A scholar and author specializing in Middle Eastern affairs delivered the keynote speech at a President’s Associates Dinner Tuesday at the Sam Noble Oklahoma Museum of Natural History.
Fouad Ajami, who has worked with CNN anchor Anderson Cooper during the Egyptian uprisings last year as well as publishing work in The New York Times Magazine and Wall Street Journal, was introduced by OU President David Boren at a reception held before the dinner at the Fred Jones’ Jr.
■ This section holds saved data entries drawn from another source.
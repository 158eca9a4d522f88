-- ===== src/Security/ToolRateLimiter.antt =====
-- ToolRateLimiter of pkg/security/ratelimit.go: a token bucket for each tool that has been given
-- one; a tool without one is not limited.
pub mod Laws
use aixgo.Common.{ℕ, Bool, true, [], Option, none, some, String}
use aixgo.Common.Maps.{Map, lookup, insert}
use aixgo.Security.Limiter.{LimiterPackage}

module _ (p : LimiterPackage) where
  open p use {W, Rate, Limiter, WaitError, new_limiter}

  pub record ToolRateLimiter : Type 0 where
    pub tool_limiters : Map Limiter

  pub new_tool_rate_limiter : ToolRateLimiter
  new_tool_rate_limiter = record { tool_limiters = [] }

  pub set_tool_limit : ToolRateLimiter → String → Rate → ℕ → ToolRateLimiter
  set_tool_limit trl tool requests_per_second burst = record {
    tool_limiters = insert tool (new_limiter requests_per_second burst) trl.tool_limiters;
  }

  pub allow_tool : ToolRateLimiter → String → W → Bool × ToolRateLimiter
  allow_tool trl tool w = elim (lookup tool trl.tool_limiters) [
    | none ↦ (true, trl)
    | some limiter ↦
        let (ok, limiter') = p.allow limiter w in
        (ok, record { tool_limiters = insert tool limiter' trl.tool_limiters })
  ]

  pub wait_tool : ToolRateLimiter → String → W → W × ToolRateLimiter × Option WaitError
  wait_tool trl tool w = elim (lookup tool trl.tool_limiters) [
    | none ↦ (w, trl, none)
    | some limiter ↦
        let (w', limiter', e) = p.wait limiter w in
        (w', record { tool_limiters = insert tool limiter' trl.tool_limiters }, e)
  ]
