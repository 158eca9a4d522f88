-- ===== src/Security/ToolRateLimiter/Laws.antt =====
-- What a limit on one tool means for that tool and for the others.
use aixgo.Common.{ℕ, ◌≡◌, ◌≢◌, some, String, arith}
use aixgo.Common.Maps.{lookup, insert, lookup-insert}
use aixgo.Security.Limiter.{LimiterPackage}
use aixgo.Security.ToolRateLimiter.{ToolRateLimiter, set_tool_limit, allow_tool}

module _ (p : LimiterPackage) where
  open p use {W, Rate, new_limiter}

  -- After a limit is set on a tool, that tool is answered by a new bucket, and what the bucket
  -- becomes is kept; another tool is answered as before.
  pub allow_tool-set_tool_limit :
      (trl : ToolRateLimiter p) (tool other : String) (rate : Rate) (burst : ℕ) (w : W)
      → tool ≢ other
      → let limited = set_tool_limit p trl tool rate burst in
        let first = p.allow (new_limiter rate burst) w in
        ((allow_tool p limited tool w).0 ≡ first.0)
        × (lookup tool (allow_tool p limited tool w).1.tool_limiters ≡ some first.1)
        × ((allow_tool p limited other w).0 ≡ (allow_tool p trl other w).0)
  unfolding set_tool_limit allow_tool
  allow_tool-set_tool_limit trl tool other rate burst w h =
      let l = new_limiter rate burst in
      ground (
        arith,
        lookup-insert tool tool l trl.tool_limiters,
        lookup-insert tool other l trl.tool_limiters,
        lookup-insert tool tool (p.allow l w).1 (insert tool l trl.tool_limiters),
      )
Museum of Art.
“He has received a series of truly remarkable awards,” Boren said. “Some of the most prestigious awards sought after in this country and around the world, including a five year MacArthur Prize fellowship for his creativity and his scholarship.”
Ajami was the director of Middle East Studies at the John Hopkins University from 1980 to 2011. He has authored several books on the Middle East and has been a strong support of America’s military involvement Iraq.
He is a naturalized citizen who was born in Lebanon, raised in Beirut, and now lives in New York.
During his remarks, Ajami expressed an optimistic perspective on the recent Egyptian uprisings.
“Suddenly Arabs were claiming and owning their own history,” he said. “Suddenly I wasn’t hearing that much about America and Israel.”
The uprisings were a necessary first step toward representation for all Arab people, Ajami said.
“I thought this was the beginning of salvation, when a people claim their own history and accept responsibility for what they have done,” he said.
Ajami feels that the events of Sept. 11 only represent one period of Arab history, and now a younger generation can take control and make a new history, he said.
Ajami also likened the uprisings of the Arab Spring to a prison riot.
“The prisoners rioted and they didn’t know what the world was like outside of the prison walls but we should give them a chance to find out,” he said. “If this rebellion had remained in Egypt it would have amounted to nothing.”